I do teach a lot of those texts. The topics and voices are important. But I also believe, perhaps archaically, that students should read whole books, not just decontextualized snippets. They’re already surrounded by those. Reading three books, even long ones, in a freshman writing class, seems reasonable to me—and I know the students can do it. Can I overcome years of underfunded and mismanaged schooling in one semester? No. But I can try to establish an atmosphere of inquiry and responsibility in my classroom that will serve students whether this is the end of their schooling or not.

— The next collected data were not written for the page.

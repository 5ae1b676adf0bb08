-- ===== src/Client/Tests/Readers.antt =====
-- The theorems about what the test client reads, at concrete texts.
use keycloak_oidc4ac_lab.Prelude.{
  ◌/◌, ◌%◌, ◌≤◌, ◌+◌, String, ◌≡◌, refl, none, some, [], ◌∷◌, arith, length, if◌then◌else◌, All,
  ◌↔◌, ◌*◌, ℕ, List, codes, true, ok,
}
use keycloak_oidc4ac_lab.Prelude.Dict
use keycloak_oidc4ac_lab.Prelude.Dict.{Dict, is_member}
use keycloak_oidc4ac_lab.Prelude.Sorting.{le_text}
use keycloak_oidc4ac_lab.Prelude.Sorting.Laws.{IsAscending}
use keycloak_oidc4ac_lab.Json.{null, str, end, field}
use keycloak_oidc4ac_lab.Crypto.Sha1.{hmac_sha1, pack_u64}
use keycloak_oidc4ac_lab.Utf8
use keycloak_oidc4ac_lab.Utf8.{decode}
use keycloak_oidc4ac_lab.Utf8.Roundtrip.{is_scalar, decode-encode}
use keycloak_oidc4ac_lab.Base32.{b32encode, rstrip_pads}
use keycloak_oidc4ac_lab.Base32.Roundtrip
use keycloak_oidc4ac_lab.Base32.Roundtrip.{decode-b32encode}
use keycloak_oidc4ac_lab.Client.Environment.{Constants, constants}
use keycloak_oidc4ac_lab.Client.Helpers.{otp_helper, otp_code}
use keycloak_oidc4ac_lab.Client.Helpers.Secret.{otp_helper_enrols}
use keycloak_oidc4ac_lab.Base64.{urlsafe_b64decode}
use keycloak_oidc4ac_lab.Base64.Roundtrip.{encode, urlsafe_b64decode-encode}
use keycloak_oidc4ac_lab.Client.Claims.{parse_claims, claims}
use keycloak_oidc4ac_lab.Client.Claims.Accepted.{IsRequestObject, parse_claims_accepts}
use keycloak_oidc4ac_lab.Client.Discovery.{Method, list_member, builder_of}
use keycloak_oidc4ac_lab.Client.Discovery.Methods.{IsMethod, mentions, builder_complete}
use keycloak_oidc4ac_lab.Client.Totp.{current_totp, truncation_offset}
use keycloak_oidc4ac_lab.Client.Totp.Rfc.{IsDigit, read, dynamic_truncation, current_totp_rfc}
use keycloak_oidc4ac_lab.Client.Token.{decoded_access_token, pad_segment}
use keycloak_oidc4ac_lab.Client.Token.Payload.{decoded_access_token_payload}
use keycloak_oidc4ac_lab.Client.Tests.Samples.{requested, json, advertised, test_secret}

parse_claims_accepts_example :
    (parse_claims json (some "{}") ≡ claims requested) ↔ IsRequestObject json "{}" requested
parse_claims_accepts_example = parse_claims_accepts json "{}" requested

builder_complete_example :
    let names = list_member advertised "amr_identifiers_supported" in
    ((j : String)
      → (m : Method) × IsMethod advertised j m
        × (Dict.lookup j (builder_of advertised).methods
            ≡ (if mentions j names then some m else none)))
    × ((j : String) → is_member j (builder_of advertised).identifiers ≡ mentions j names)
    × IsAscending le_text (builder_of advertised).identifiers
builder_complete_example = builder_complete advertised

current_totp_rfc_example :
    let code = current_totp test_secret 59 in
    let digest = hmac_sha1 test_secret (pack_u64 (59 / 30)) in
    let offset = truncation_offset digest in
    (length code.digits ≡ 6)
    × All IsDigit code.digits
    × (read 0 code.digits ≡ dynamic_truncation digest offset % 1000000)
    × (offset + 4 ≤ length digest)
    × (59 + code.remaining ≡ (59 / 30 + 1) * 30)
    × (1 ≤ code.remaining)
    × (code.remaining ≤ 30)
current_totp_rfc_example = current_totp_rfc test_secret 59

urlsafe_b64decode-encode_example :
    urlsafe_b64decode (pad_segment (encode (0 ∷ 255 ∷ []))) ≡ some (0 ∷ 255 ∷ [])
urlsafe_b64decode-encode_example = urlsafe_b64decode-encode (0 ∷ 255 ∷ []) (omega arith)

decoded_access_token_payload_example : decoded_access_token json (str "a.e30.s") ≡ ok requested
unfolding decode
decoded_access_token_payload_example =
    decoded_access_token_payload json "a.e30.s" (97 ∷ []) (115 ∷ []) (123 ∷ 125 ∷ [])
      (123 ∷ 125 ∷ []) (field "userinfo" null end) refl (refl, tt) (refl, tt) (omega arith) refl
      refl

-- The secret of the lab's user.
abbrev lab_constants : Constants
lab_constants = constants []

lab_secret_scalar : All (λ c. is_scalar c ≡ true) (codes lab_constants.totp_secret)
unfolding constants Dict.lookup
lab_secret_scalar = (
  refl,
  (
    refl,
    (
      refl,
      (
        refl,
        (
          refl,
          (
            refl,
            (
              refl,
              (
                refl,
                (
                  refl,
                  (
                    refl,
                    (
                      refl,
                      (refl, (refl, (refl, (refl, (refl, (refl, (refl, (refl, (refl, tt))))))))),
                    ),
                  ),
                ),
              ),
            ),
          ),
        ),
      ),
    ),
  ),
)

otp_helper_enrols_example :
    let page = otp_helper lab_constants 59 in
    (secret : List ℕ) × (Roundtrip.decode page.secret_base32 ≡ some secret)
    × (current_totp secret 59 ≡ record { digits = page.code; remaining = page.remaining })
    × (otp_code lab_constants 59 ≡ (current_totp secret 59, 200))
otp_helper_enrols_example = otp_helper_enrols lab_constants 59 lab_secret_scalar

-- Texts whose encodings take one to four bytes a character.
abbrev greeting : List ℕ
greeting = 72 ∷ 233 ∷ 8364 ∷ 128274 ∷ []

decode-encode_example : decode (Utf8.encode greeting) ≡ some greeting
decode-encode_example = decode-encode greeting (refl, (refl, (refl, (refl, tt))))

decode-b32encode_example :
    Roundtrip.decode (rstrip_pads (b32encode (102 ∷ 111 ∷ 111 ∷ []))) ≡ some (102 ∷ 111 ∷ 111 ∷ [])
decode-b32encode_example =
    decode-b32encode (102 ∷ 111 ∷ 111 ∷ []) (omega arith, (omega arith, (omega arith, tt)))
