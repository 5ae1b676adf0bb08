-- ===== src/Crypto.antt =====
-- The standard library's hashes, as far as the one-time codes need them.
pub mod Sha1
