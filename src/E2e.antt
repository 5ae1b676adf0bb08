-- ===== src/E2e.antt =====
-- The end-to-end suites: e2e/http/run.py and what e2e/browser/run.py shares with it.
pub mod Submission
pub mod Jarm
pub mod Requests
pub mod Details
pub mod Totp
pub mod Forms
pub mod Lab
pub mod Pages
pub mod FeatureDisabled
pub mod Suite
pub mod Polling
pub mod Smtp
pub mod Scenarios
pub mod Authorize
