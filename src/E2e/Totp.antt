-- ===== src/E2e/Totp.antt =====
-- `current_totp` of e2e/http/run.py and of e2e/browser/run.py, with the counter that they share
-- between calls.
pub mod Reuse
use keycloak_oidc4ac_lab.Prelude.{
  ℕ, ◌+◌, ◌-◌, ◌*◌, ◌/◌, ◌%◌, Bool, true, false, Option, none, some, List, nat_eq, if◌then◌else◌,
  ◌&&◌,
}
use keycloak_oidc4ac_lab.Json.{ℤ, pos, negsuc}
use keycloak_oidc4ac_lab.Client.Totp.{totp_code}

-- Times are whole microseconds; the interval of a code is 30 seconds.
abbrev pub second : ℕ
second = 1000000

abbrev pub interval : ℕ
interval = 30 * second

-- `int(time.time()) // 30`
abbrev pub counter_at : ℕ → ℕ
counter_at now = now / second / 30

-- `30 - (time.time() % 30) + 0.25`
abbrev pub wait : ℕ → ℕ
wait now = interval - now % interval + second / 4

-- `LAST_TOTP_COUNTER is None or counter == LAST_TOTP_COUNTER`; the benchmarks set it to -1.
abbrev pub must_wait : Option ℤ → ℕ → Bool
must_wait none counter = true
must_wait (some (pos last)) counter = nat_eq counter last
must_wait (some (negsuc n)) counter = false

-- A call's readings of the clock: at its start, and, if it sleeps, before and after.
pub record Clock : Type 0 where
  pub now : ℕ
  pub asleep : ℕ
  pub woken : ℕ

-- The counter whose code is returned. It becomes LAST_TOTP_COUNTER.
unfoldable pub used_counter : Option ℤ → Clock → ℕ
used_counter last clock =
    if must_wait last (counter_at clock.now) then counter_at clock.woken else counter_at clock.now

unfoldable pub current_totp : List ℕ → Option ℤ → Clock → List ℕ × Option ℤ
unfolding used_counter
current_totp secret last clock =
    let counter = used_counter last clock in (totp_code secret counter, some (pos counter))

-- e2e/browser/run.py: `avoid_reuse` says whether the shared counter is read and written.
unfoldable pub browser_counter : Bool → Option ℤ → Clock → ℕ
browser_counter avoid_reuse last clock =
    if avoid_reuse && must_wait last (counter_at clock.now)
    then counter_at clock.woken
    else counter_at clock.now

unfoldable pub browser_totp : List ℕ → Bool → ℕ → Option ℤ → Clock → List ℕ × Option ℤ
unfolding browser_counter
browser_totp secret avoid_reuse interval_offset last clock =
    let counter = browser_counter avoid_reuse last clock in
    (totp_code secret (counter + interval_offset), if avoid_reuse then some (pos counter) else last)
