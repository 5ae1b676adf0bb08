-- ===== src/E2e/Forms.antt =====
-- The parser of Keycloak's login pages, `Form` and `Forms` of e2e/http/run.py.
pub mod Rendered
use keycloak_oidc4ac_lab.Prelude.{
  String, Bool, true, false, Option, none, some, List, [], ◌∷◌, ◌==◌, ◌||◌, is_empty, if◌then◌else◌,
}
use keycloak_oidc4ac_lab.Prelude.Dict
use keycloak_oidc4ac_lab.Prelude.Dict.{Dict}

-- An attribute without a value has the value None.
abbrev pub Attributes : Type 0
Attributes = Dict (Option String)

-- What `html.parser.HTMLParser` reports, in the order of the page.
pub data Tag : Type 0 where
  start_tag : String → List (String × Option String) → Tag
  end_tag : String → Tag

pub record Form : Type 0 where
  pub action : Option String
  pub values : Dict (Option String)

pub record Forms : Type 0 where
  pub forms : Dict Form
  pub current_id : Option String
  pub current_action : Option String
  pub current_values : Dict (Option String)

abbrev pub init : Forms
init = record { forms = []; current_id = none; current_action = some ""; current_values = [] }

-- `attributes.get(name)`
abbrev pub attribute : String → Attributes → Option String
attribute name attributes = elim (Dict.lookup name attributes) [ none ↦ none | some v ↦ v ]

-- `attributes.get(name, "")`
abbrev pub attribute_or_empty : String → Attributes → Option String
attribute_or_empty name attributes = elim (Dict.lookup name attributes) [
  | none ↦ some ""
  | some v ↦ v
]

-- A text that is there and is not empty.
abbrev pub named : Option String → Option String
named none = none
named (some s) = if is_empty s then none else some s

-- A control of the form that is open, if it has a name.
unfoldable pub add_control : Attributes → Forms → Forms
add_control attributes p = elim (named (attribute "name" attributes)) [
  | none ↦ p
  | some name ↦ record p {
    current_values = Dict.insert name (attribute_or_empty "value" attributes) p.current_values;
  }
]

abbrev is_control : String → Bool
is_control tag = tag == "input" || tag == "button"

unfoldable pub handle_starttag : String → List (String × Option String) → Forms → Forms
unfolding add_control
handle_starttag tag attrs p =
    let attributes = Dict.update [] attrs in
    if tag == "form"
    then record p {
      current_id = attribute "id" attributes;
      current_action = attribute_or_empty "action" attributes;
      current_values = [];
    }
    else if is_control tag
    then elim (named p.current_id) [ none ↦ p | some id ↦ add_control attributes p ]
    else p

-- The form that was open is recorded under its id.
abbrev close_form : String → Forms → Forms
close_form id p = record {
  forms = Dict.insert id (record { action = p.current_action; values = p.current_values }) p.forms;
  current_id = none;
  current_action = some "";
  current_values = [];
}

unfoldable pub handle_endtag : String → Forms → Forms
handle_endtag tag p =
    if tag == "form" then elim (named p.current_id) [ none ↦ p | some id ↦ close_form id p ] else p

unfoldable pub feed : Forms → List Tag → Forms
unfolding handle_starttag handle_endtag
feed p [] = p
feed p (start_tag tag attrs ∷ tags) = feed (handle_starttag tag attrs p) tags
feed p (end_tag tag ∷ tags) = feed (handle_endtag tag p) tags

unfoldable pub parse_forms : List Tag → Dict Form
unfolding feed
parse_forms tags = (feed init tags).forms
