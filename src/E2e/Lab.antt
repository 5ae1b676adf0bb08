-- ===== src/E2e/Lab.antt =====
-- What the HTTP suite stands on: the module globals of e2e/http/run.py, which other runners change,
-- and the network and the pages, which are not part of the program.
use keycloak_oidc4ac_lab.Prelude.{ℕ, String, Bool, Option, List, Result}
use keycloak_oidc4ac_lab.Prelude.Dict.{Dict}
use keycloak_oidc4ac_lab.Prelude.Action.{Action}
use keycloak_oidc4ac_lab.Json.{ℤ, Value, JsonText}
use keycloak_oidc4ac_lab.E2e.Forms.{Tag, Form}

pub record Settings : Type 0 where
  pub client : String
  pub issuer : String
  pub alice : String
  pub password : String
  pub last_totp_counter : Option ℤ

-- The secret and the timeout are read once, and nothing changes them.
pub record Constants : Type 0 where
  pub totp_secret : List ℕ
  pub smtp4dev : String
  pub timeout : ℕ

-- A response of `requests`.
pub record Reply : Type 0 where
  pub status : ℕ
  pub url : String
  pub is_redirect : Bool
  pub location : Option String
  pub text : String

pub record Cookie : Type 0 where
  pub domain : String
  pub path : String
  pub name : String
  pub secure : Bool

-- A `requests.Session` is a number; `W` is the state of the sessions and of the servers. `get` and
-- `post` follow no redirect, `post_followed` and `fetch` do.
-- `tokenise` is what `html.parser` reports of a page, `unescape` is `html.unescape`, and `search`
-- is the search for an emailed code by a regular expression, `first_form` is the
-- search for a consent form by regular expressions, and `is_callback` says whether the path of a URL
-- ends in /callback. The clocks are in microseconds.
pub record Network (W : Type 0) : Type 0 where
  pub new_session : Action W ℕ
  pub get : ℕ → String → Action W Reply
  pub post : ℕ → String → Dict (Option String) → Action W Reply
  pub post_followed : ℕ → String → Dict (Option String) → Action W Reply
  pub fetch : String → Action W Reply
  pub cookies : ℕ → Action W (List Cookie)
  pub set_cookies : ℕ → List Cookie → Action W Unit
  pub json : JsonText
  pub body : Reply → Result Value
  pub url_join : String → Option String → String
  pub quote : String → String
  pub tokenise : String → List Tag
  pub unescape : String → String
  pub search : String → Option String
  pub text_of : Value → String
  pub dumps_sorted : Value → String
  pub dumps_default : Value → String
  pub digits_text : List ℕ → String
  pub is_callback : String → Bool
  pub first_form : String → Option Form
  pub time : Action W ℕ
  pub monotonic : Action W ℕ
  pub pause : ℕ → Action W Unit

pub record Lab (W : Type 0) : Type 0 where
  pub settings : Settings
  pub world : W

-- An action of the outside on the state of the suite.
abbrev pub outside : {W A : Type 0} → Action W A → Action (Lab W) A
outside m s = let (r, w) = m s.world in (r, record s { world = w })
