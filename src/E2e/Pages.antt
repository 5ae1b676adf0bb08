-- ===== src/E2e/Pages.antt =====
-- `AuthorizationResult` of e2e/http/run.py: what a result page says.
use keycloak_oidc4ac_lab.Prelude.{
  ℕ, String, Option, none, some, List, ◌==◌, ◌<>◌, contains, after, before, strip, codes, Result,
  ok, err, check_failure, if◌then◌else◌,
}
use keycloak_oidc4ac_lab.Json.{Value, value, decode_error, raised}
use keycloak_oidc4ac_lab.E2e.Lab.{Reply, Network}

pub record AuthorizationResult : Type 0 where
  pub session : ℕ
  pub response : Reply
  pub forms : List String

-- `re.search(prefix + "(.*?)" + suffix, text, re.DOTALL)`, for a constant prefix and suffix
unfoldable pub enclosed : String → String → String → Option String
unfolding after before
enclosed prefix suffix text = elim (after prefix text) [
  | none ↦ none
  | some rest ↦ before suffix rest
]

module _ {W : Type 0} (net : Network W) where
  unfoldable pub json_section : AuthorizationResult → String → Result Value
  unfolding enclosed
  json_section result heading =
      elim (enclosed ("<h2>" <> heading <> "</h2><pre>") "</pre>" result.response.text) [
        | none ↦ err (check_failure "Result page does not contain the JSON section.")
        | some raw ↦ elim (net.json.loads (codes (net.unescape raw))) [
          | value v ↦ ok v
          | decode_error line column ↦ err (check_failure "was not valid JSON")
          | raised error ↦ err error
        ]
      ]

  -- `error`, the heading of an error page
  unfoldable pub error_of : AuthorizationResult → Option String
  unfolding enclosed after
  error_of result = elim (after "<section class=\"error-page\">" result.response.text) [
    | none ↦ none
    | some rest ↦ elim (enclosed "<h1>" "</h1>" rest) [
      | none ↦ none
      | some raw ↦ some (strip (net.unescape raw))
    ]
  ]

  unfoldable pub require_success : AuthorizationResult → Result AuthorizationResult
  unfolding error_of
  require_success result = elim (error_of result) [
    | some actual ↦ err (check_failure "Expected authorization success.")
    | none ↦
        if contains "Verified authentication context" result.response.text
        then ok result
        else err (check_failure "Test client did not render an authorization result.")
  ]

  unfoldable pub require_error : String → AuthorizationResult → Result AuthorizationResult
  unfolding error_of
  require_error expected result = elim (error_of result) [
    | none ↦ err (check_failure "Expected public error.")
    | some actual ↦
        if actual == expected then ok result else err (check_failure "Expected public error.")
  ]
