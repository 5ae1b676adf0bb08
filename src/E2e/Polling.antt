-- ===== src/E2e/Polling.antt =====
-- The loops of e2e/http/run.py that ask a server once a second until a deadline.
pub mod Ends
use keycloak_oidc4ac_lab.Prelude.{ℕ, zero, suc, ◌+◌, Option, none, some, ltb, if◌then◌else◌}
use keycloak_oidc4ac_lab.Prelude.Action.{Action, pure, ◌>>=◌, ◌>>◌}
use keycloak_oidc4ac_lab.E2e.Totp.{second}
use keycloak_oidc4ac_lab.E2e.Lab.{Network}

-- A round returns what it has found, or goes on.
abbrev pub or_again : {W A : Type 0} → Action W A → Option A → Action W A
or_again again (some found) = pure found
or_again again none = again

module _ {W A : Type 0} (net : Network W) (attempt : Action W (Option A)) (late : Action W A) where
  -- A round of the loop, and what follows its pause.
  unfoldable pub one_round : Action W A → Action W A
  one_round again = attempt >>= or_again (net.pause second >> again)

  -- The loop up to the deadline; the fuel bounds the rounds, each of which sleeps a second.
  unfoldable pub poll : ℕ → ℕ → Action W A
  unfolding one_round
  poll zero deadline = late
  poll (suc rounds) deadline =
      let again = poll rounds deadline in
      net.monotonic >>= λ now. if ltb now deadline then one_round again else late

  -- The loop with a deadline that is a timeout from now.
  unfoldable pub poll_for : ℕ → Action W A
  unfolding poll
  poll_for timeout = net.monotonic >>= λ now. poll (timeout + 1) (now + timeout)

One day after I dismissed my class, several students came to office hours to talk through passages of Flaubert. This was a welcome change from the crises I usually get—Sergei’s friend got shot, or Marie’s parents are going to kick her out because she’s pregnant, or Tenzin’s been unable to digest American food ever since he arrived from Bhutan.

This time the students apologized for being unprepared. Some even thanked me for challenging them. Still, I was planning to scale back my assignment and make them responsible for only three chapters of the novel.

But days later, to my amazement, they got it. They were fired up about Flaubert’s “moral history of the men of [his] age,” about people who are spoiled, egotistical, and two-faced. “That Frédéric character was just playin’ everybody.” “Man, my rich aunt is like that, and we don’t trust her at all.” At the end of class, when asked whether the characters in Sentimental Education act in accordance with Kant’s categorical imperative to make their acts conform to universal laws, there were no looks of bewilderment. The class erupted into a resounding “No!”

I’m not a social worker, and I didn’t get a Ph.D. to teach high school. My students may work full time or take care of children or aging parents. It may take them time to exit remediation. But they are in community college to be in college, to be challenged by the same material and rigor that they will encounter when they enter the workplace or transfer to a four-year college. If they are to take community college seriously, then the teaching must be taken seriously by faculty.

Author Bio: Robert Cowan is an associate professor of English at Kingsborough Community College of the City University of New York.